17 Chemistry and Biochemistry

Atoms First / OpenStax

Authors: Paul Flowers, Edward J. Neth, William R. Robinson, Klaus Theopold, and Richard Langley

Description: Chemistry: Atoms First 2e is a peer-reviewed, openly licensed introductory textbook produced through a collaborative publishing partnership between OpenStax and the University of Connecticut and UConn Undergraduate Student Government Association.This text is an atoms-first adaptation of OpenStax Chemistry 2e. The intention of “atoms-first” involves a few basic principles: first, it introduces atomic and molecular structure much earlier than the traditional approach, and it threads these themes through subsequent chapters. This approach may be chosen as a way to delay the introduction of material such as stoichiometry that students traditionally find abstract and difficult, thereby allowing students time to acclimate their study skills to chemistry. Additionally, it gives students a basis for understanding the application of quantitative principles to the chemistry that underlies the entire course. It also aims to center the study of chemistry on the atomic foundation that many will expand upon in a later course covering organic chemistry, easing that transition when the time arrives.

The second edition has been revised to incorporate clearer, more current, and more dynamic explanations, while maintaining the same organization as the first edition.
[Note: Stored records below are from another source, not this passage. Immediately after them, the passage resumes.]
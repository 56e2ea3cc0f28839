-- ===== src/Scenarios/Runs.antt =====
-- Runs of the operations whose result is known.
use mathlib.Core.Option
use queue_ctl.Prelude.{
  String, ◌≡◌, refl, Option, none, some, [], ◌∷◌, count_rows, find_row, update_rows, where_rows,
  order_by, insert_row,
}
use queue_ctl.Prelude.Int.{pos, wrap64, ◌+ℤ◌}
use queue_ctl.Domain.Errors.{err, msg, already_reclaimed, error_text, is_already_reclaimed}
use queue_ctl.Domain.Job.{Job, JobStatus, dead_letter, status_eq, status_text}
use queue_ctl.Domain.Clocked.{complete, or_now}
use queue_ctl.Retry.Backoff.{calculate}
use queue_ctl.Retry.Float.{to_float, scale_duration}
use queue_ctl.Retry.Engine.{counted, handle_failure}
use queue_ctl.Store.{World, now, driver_call}
use queue_ctl.Store.Tx.{with_tx}
use queue_ctl.Repository.Jobs as Jobs
use queue_ctl.Repository.Logs as Logs
use queue_ctl.Dlq.{buried, route, fetch_dead, delete_dead}
use queue_ctl.Service.Outcomes.{handle_job_success, handle_job_failure, fail_in_tx, check_owner}
use queue_ctl.Scenarios.Sample.{
  calm_env, sample_settings, waiting_job, running_job, running_world, dead_world, stuck_world,
  world_of, open_log, boom,
}

-- The state of a row.
abbrev status_of : String → World → Option JobStatus
status_of id w = Option.map (λ (j : Job). j.status) (find_row (Jobs.has_id id) w.db.jobs)

-- A success of a job that does not run is refused by the first check.
success_of_waiting :
    (handle_job_success calm_env (some waiting_job) "worker-1" running_world).result
    ≡ err (msg "invalid job state transition: cannot complete job in pending state")
unfolding handle_job_success status_eq status_text
success_of_waiting = refl

abbrev last_run : World
last_run = world_of (record running_job { retries_count = pos 1 } ∷ []) (open_log ∷ [])

-- The failure of the last run that max_retries allows.
failure_of_last_run :
    status_of "job-1"
      (handle_job_failure calm_env sample_settings
        (some running_job)
        "worker-1"
        (some boom)
        last_run).world
    ≡ some dead_letter
unfolding handle_job_failure fail_in_tx check_owner handle_failure counted wrap64 ◌+ℤ◌ calculate
    scale_duration to_float buried route error_text with_tx driver_call now status_eq Jobs.get_by_id
    Jobs.update Logs.get_by_job_id Logs.logs_of Logs.update complete or_now find_row count_rows
    update_rows where_rows order_by insert_row
failure_of_last_run = refl

-- The failure by a worker that does not own the last log.
failure_by_other :
    (handle_job_failure calm_env sample_settings
      (some running_job)
      "worker-2"
      (some boom)
      running_world).result
    ≡ err already_reclaimed
unfolding handle_job_failure fail_in_tx is_already_reclaimed check_owner with_tx driver_call now
    status_eq error_text Jobs.get_by_id Logs.get_by_job_id Logs.logs_of find_row where_rows order_by
    insert_row handle_failure counted wrap64 ◌+ℤ◌ calculate scale_duration to_float buried route
    Jobs.update Logs.update complete or_now count_rows update_rows
failure_by_other = refl

-- The failure of a revived job by its own worker, while the log of an earlier run is the last one.
failure_of_revived :
    (handle_job_failure calm_env sample_settings
      (some running_job)
      "worker-1"
      (some boom)
      stuck_world).result
    ≡ err already_reclaimed
unfolding handle_job_failure fail_in_tx is_already_reclaimed check_owner with_tx driver_call now
    status_eq error_text Jobs.get_by_id Logs.get_by_job_id Logs.logs_of find_row where_rows order_by
    insert_row handle_failure counted wrap64 ◌+ℤ◌ calculate scale_duration to_float buried route
    Jobs.update Logs.update complete or_now count_rows update_rows
failure_of_revived = refl

-- The deletion of a dead job.
delete_of_dead : status_of "job-1" (delete_dead calm_env "job-1" dead_world).1 ≡ none
unfolding delete_dead fetch_dead Jobs.get_by_id Jobs.delete driver_call status_eq status_text
    find_row count_rows where_rows
delete_of_dead = refl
Substantial improvements have been made in the figures, illustrations, and example exercises that support the text narrative.

The Basics of General, Organic, and Biological Chemistry

This peer-reviewed open textbook was developed to suit a one-semester General, Organic and Biological Chemistry course.

Includes: Test questions following examples, end-of-chapter exercises.

Biochemistry 551 (Online Version) Lab Manual

Author: Lynne PROST

Description: Biochemistry 551 is an integrated lecture, lab and seminar course that covers biochemistry-centered theory and techniques. The course is designed for upper-level undergraduate students majoring in Biochemistry. Students learn how to apply a broad range of biochemical, genetic, and physical techniques to modern biochemical research. Students also learn how to analyze and interpret the primary scientific literature, develop an understanding of the communication of data, and connect biochemical techniques to basic research.

Lectures introduce concepts and theory that are subsequently explored in detail in experiments. The virtual labs are designed to provide experience with techniques that are used in modern biochemical research through interactive online activities. The curriculum incorporates a research project beginning with the PCR amplification and cloning of the HCAII gene, which codes for the enzyme human carbonic anhydrase II (HCAII). As the semester progresses, students explore how to overexpress, purify and assay wild type and mutant HCAII protein. Experiments covered include PCR, spectrophotometry, gel electrophoresis, protein overexpression and purification, enzyme assays and fluorescence spectroscopy. Several times during the semester, at-home lab experiments are incorporated to provide hands-on experience to supplement student understanding of the virtual labs.

Chemistry 109 Fall 2021

Authors: John Moore, Jia Zhou, and Etienne Garand

Description: This online learning system been created specifically to support you in Chemistry 109 at the University of Wisconsin-Madison. It is more than a textbook and includes more than chemistry. We hope that it helps you learn chemistry and learn how to succeed in this and other challenging courses.

Chemistry: Atoms First

This OpenStax textbook was developed with chemistry professors and a pedagogical approach, with Chemistry OpenStax as the foundation. As the name suggests, this text uses an “atoms first” approach to the subject which involves the introduction of atomic and molecular structure at the beginning of the course material. This text has been successfully adopted.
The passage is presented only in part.